On the left is the sock basket. A child has taken out a pair of socks (pairing socks is also a first step to the work and is sometimes the only part done during an initial presentation with a very young child) and placed them on the table so as one sock is slightly above the other.




The child places the sock that is slightly lower on the table on top of the other, again slightly lower than the other. She uses her fingers to hold the socks in place. Next she grabs the rim of the under sock on both sides with both her hands. She uses her thumbs to push the top (lower)sock up into the under sock. Simultaneously, her fingers pull the rim of the under sock down over the body of both socks.


She continues until the socks are pretty well balled together.

Done! Three year olds love this work and so do their parents, as it is great work to do at home helping with the laundry.

Wednesday, April 23, 2008

Math - The Multiplication Board

Multiplication in the Montessori Primary classroom is a favorite work. We have many materials for the children to do multiplication with. Multiplication is done with the golden bead material, the stamp game, the multiplication bead bars box, the small and large bead frames and more. In addition there are the multiplication boards - blank boards and answer boards. These are pictured above.

As with the division work in the classroom, language is key in the initial and subsequent presentations. In division we tell the children that we divide the dividen by giving an equal amount, no more no less, to each skittle (they collectively represent the divisor) on the board and that the answer is what one gets.

In multiplication we are also careful with our words and have made a slight difference in how we explain multiplication from traditional methods. Here is the key: instead of saying multiplication is 3 times 4, we say multiplication is the same number taken many times. So we would say 4 taken 3 times.

Why that language specifically? Because it makes logical sense to the child. Many children confuse the reference to time to the the telling of time. I remember during my first year of teaching, I read the equation 3 times 4 to a child and they looked up at me with these huge eyes and said, "I don't know how to tell time." I suddenly remembered my error and corrected my language and the child immediately understood. It really is easier to comprehend. Simply take 4 three times. With the multiplication bead bars a child literally takes out three four-bead-bars and places them one under the other and counts them. "This is so easy," is usually their comment because it actually is.

Multiplication Bead Bars in their box.


The multiplication bead board has numbers 1-10 printed across the top. There is a small grooved circle in which a red marker rests when not in use. Half way down the board on the left hand side there is a side slot for a numbered card to be placed into. Above it is an open top circle which allows the number to be seen.

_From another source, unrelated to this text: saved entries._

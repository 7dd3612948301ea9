-- ===== src/Base/Tests.antt =====
-- Boolean tests on the native numbers, the conditional, and case lemmas.
use Prim.Native.Nat.{ℕ, zero, suc, ◌+◌, ◌≤◌, ◌<◌, compare, Ordering}
use mathlib.Core.Path.{◌≡◌, refl}
use mathlib.Core.Logic.{◌≢◌, ◌↔◌, ◌⊎◌, inl, inr}
use mathlib.Core.Bool.{Bool, true, false}
use mathlib.Core.Option.{Option, none, some}
use native.Mathlib.Omega.{arith}

abbrev pub ltb : ℕ → ℕ → Bool
ltb a b = elim (compare a b) [ Ordering.lt ↦ true | _ ↦ false ]

abbrev pub leb : ℕ → ℕ → Bool
leb a b = elim (compare a b) [ Ordering.gt ↦ false | _ ↦ true ]

infix 50 ◌==◌
abbrev pub ◌==◌ : ℕ → ℕ → Bool
a == b = elim (compare a b) [ Ordering.eq ↦ true | _ ↦ false ]

infix 1 if◌then◌else◌
abbrev pub if◌then◌else◌ {ℓ} : {A : Type ℓ} → Bool → A → A → A
if true then x else y = x
if false then x else y = y

pub ==_iff : (a b : ℕ) → ((a == b) ≡ true) ↔ (a ≡ b)
==_iff a b = ground arith

pub ==_ne : (a b : ℕ) → (a == b) ≡ false → a ≢ b
==_ne a b h = ground arith

pub ==_refl : (a : ℕ) → (a == a) ≡ true
==_refl a = ground arith

pub Bool-cases : (b : Bool) → (b ≡ true) ⊎ (b ≡ false)
Bool-cases true = inl refl
Bool-cases false = inr refl

pub Option-cases {ℓ} : {A : Type ℓ} (o : Option A) → (o ≡ none) ⊎ ((a : A) × (o ≡ some a))
Option-cases none = inl refl
Option-cases (some a) = inr (a, refl)

pub true-ne-false : true ≢ false
true-ne-false e = cc

-- Whether a test passes on each of `count` numbers from `first` on.
unfoldable pub passes : (test : ℕ → Bool) → ℕ → ℕ → Bool
passes test zero first = true
passes test (suc count) first =
    let later = passes test count (suc first) in if test first then later else false

pub passes-at :
    (test : ℕ → Bool) (count first n : ℕ)
    → first ≤ n
    → n < first + count
    → passes test count first ≡ true
    → test n ≡ true
unfolding passes
passes-at test zero first n le lt all_pass = absurd (omega arith)
passes-at test (suc count) first n le lt all_pass = elim (Bool-cases (first == n)) [
  | inl here ↦ rw (← (==_iff first n).0 here) (ground arith)
  | inr there ↦
      let ne = ==_ne first n there in
      passes-at test count (suc first) n (omega arith) (omega arith) (ground arith)
]

-- How often a handle is this one.
abbrev pub own : Option ℕ → ℕ → ℕ
own none h = 0
own (some x) h = if x == h then 1 else 0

There are white cards also with the numbers 1-10 printed on them. Some teachers have the children carefully place all of the cards on the table in order with one at the bottom of the row and ten at the top. Others have the children leave the cards in their wooden box and have the children draw one card out at a time. Both ways are fine.

The child is also given a multiplication tables booklet or, after much work with this material, a sheet of single digit problems. The picture above shows the problem 5 taken 2 times. The number 5 card is inserted into the slide slot. The red marker is placed above the number two which tells the child where they need to stop - the last row of beads will be placed beneath it. The child then places five beads under the number one printed at the top of the board and then five more under the number two. Next, they count the total beads and find their answer. 5 taken 2 times equals 10.

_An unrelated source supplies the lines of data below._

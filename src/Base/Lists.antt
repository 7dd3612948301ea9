-- ===== src/Base/Lists.antt =====
-- Lists measured and indexed by native numbers, and NUL-terminated text.
use Prim.Native.Nat.{ℕ, zero, suc, ◌+◌}
use Prim.Native.Char.{code}
use Prim.Native.String.{String}
use mathlib.Core.Path.{◌≡◌, refl}
use mathlib.Core.Logic.{◌≢◌}
use mathlib.Core.List.{List, [], ◌∷◌, ◌++◌}
use mathlib.Core.Bool.{Bool, true, false}
use mathlib.Core.Option.{Option, none, some}
use native.Mathlib.Omega.{arith}
use aviutl_psdtoolkit.Base.Tests.{◌==◌, if◌then◌else◌}

module _ {ℓ} {A : Type ℓ} where
  abbrev pub length : List A → ℕ
  length [] = 0
  length (x ∷ xs) = suc (length xs)

  abbrev pub get_elem? : List A → ℕ → Option A
  get_elem? [] i = none
  get_elem? (x ∷ xs) zero = some x
  get_elem? (x ∷ xs) (suc i) = get_elem? xs i

  abbrev pub take : ℕ → List A → List A
  take zero xs = []
  take (suc n) [] = []
  take (suc n) (x ∷ xs) = x ∷ take n xs

  abbrev pub drop : ℕ → List A → List A
  drop zero xs = xs
  drop (suc n) [] = []
  drop (suc n) (x ∷ xs) = drop n xs

  abbrev pub get_or : List A → ℕ → A → A
  get_or [] i d = d
  get_or (x ∷ xs) zero d = x
  get_or (x ∷ xs) (suc i) d = get_or xs i d

  -- A write out of bounds changes nothing.
  abbrev pub set : List A → ℕ → A → List A
  set [] i v = []
  set (x ∷ xs) zero v = v ∷ xs
  set (x ∷ xs) (suc i) v = x ∷ set xs i v

  pub length-append : (xs ys : List A) → length (xs ++ ys) ≡ length xs + length ys
  length-append [] ys = omega arith
  length-append (x ∷ xs) ys = omega (arith, length-append xs ys)

  pub take-append-drop : (n : ℕ) (xs : List A) → take n xs ++ drop n xs ≡ xs
  take-append-drop zero xs = refl
  take-append-drop (suc n) [] = refl
  take-append-drop (suc n) (x ∷ xs) = rw (take-append-drop n xs)

  pub take-append : (xs ys : List A) → take (length xs) (xs ++ ys) ≡ xs
  take-append [] ys = refl
  take-append (x ∷ xs) ys = rw (take-append xs ys)

  pub drop-append : (xs ys : List A) → drop (length xs) (xs ++ ys) ≡ ys
  drop-append [] ys = refl
  drop-append (x ∷ xs) ys = drop-append xs ys

  pub get_or-append :
      (xs : List A) (y : A) (ys : List A) (d : A) → get_or (xs ++ (y ∷ ys)) (length xs) d ≡ y
  get_or-append [] y ys d = refl
  get_or-append (x ∷ xs) y ys d = get_or-append xs y ys d

  abbrev pub All : (A → Type 0) → List A → Type 0
  All P [] = Unit
  All P (x ∷ xs) = P x × All P xs

  pub All-append : (P : A → Type 0) (a b : List A) → All P a → All P b → All P (a ++ b)
  All-append P [] b h k = k
  All-append P (x ∷ a) b (h, l) k = (h, All-append P a b l k)

-- UTF-16 code units, or the bytes of a UTF-8 text.
abbrev pub Chars : Type 0
Chars = List ℕ

-- The code points of a literal.
abbrev pub codes : String → Chars
codes String.[] = []
codes (String.◌∷◌ c s) = code c ∷ codes s

-- What a NUL-terminated reader sees of a memory area.
abbrev pub c_str : Chars → Chars
c_str [] = []
c_str (c ∷ cs) = if c == 0 then [] else c ∷ c_str cs

abbrev pub HasNoNul : Chars → Type 0
HasNoNul = All (λ c. c ≢ 0)

pub c_str-HasNoNul : (s : Chars) → HasNoNul s → c_str s ≡ s
c_str-HasNoNul [] h = refl
c_str-HasNoNul (c ∷ cs) h = ground (arith, c_str-HasNoNul cs h.1)

pub c_str-append-nul : (s t : Chars) → HasNoNul s → c_str (s ++ (0 ∷ t)) ≡ s
c_str-append-nul [] t h = refl
c_str-append-nul (c ∷ cs) t h = ground (arith, c_str-append-nul cs t h.1)

pub c_str-nul : (s : Chars) → c_str (s ++ (0 ∷ [])) ≡ c_str s
c_str-nul [] = refl
c_str-nul (c ∷ cs) = ground (arith, c_str-nul cs)

pub HasNoNul-append : (s t : Chars) → HasNoNul s → HasNoNul t → HasNoNul (s ++ t)
HasNoNul-append [] t h k = k
HasNoNul-append (c ∷ cs) t h k = (h.0, HasNoNul-append cs t h.1 k)

-- `strcmp(a, b) == 0`
unfoldable pub same_text : Chars → Chars → Bool
same_text [] [] = true
same_text [] (d ∷ b) = d == 0
same_text (c ∷ a) [] = c == 0
same_text (c ∷ a) (d ∷ b) =
    let rest = same_text a b in if c == d then (if c == 0 then true else rest) else false

pub pair_eq : {a b c d : ℕ} → a ≡ b → c ≡ d → ◌≡◌ {A = ℕ × ℕ} (a, c) (b, d)
pair_eq e f = cc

The greatest challenge of this work is in the counting as the answers go up to 100. The child must be able to count to 100 first and therefore should have mastered the hundred board before having a lesson on this work. The other physical challenge is that the beads need to be carefully placed in their grooves or they roll off the board and then you see children on the floor, under their table looking for red beads. Another child or two soon joins the hunt. I show up and give the helpers a few kind words for their eagerness to help and then send them on their way back to their own work.

The real problem is that there are 100 red beads and that's it. So if a child is doing the problem 10 taken 10 times and a few of the beads were lost, they come over to you announcing that there aren't enough beads. Hint: Just for these moments - go to a bead store or craft store and buy similiar looking red beads and keep them in a small jar hidden from all eyes but your own and those of your assistants. These beads, like an extra small pink cube to top the pink tower are our emergency supplies such as bandages and bug spray are.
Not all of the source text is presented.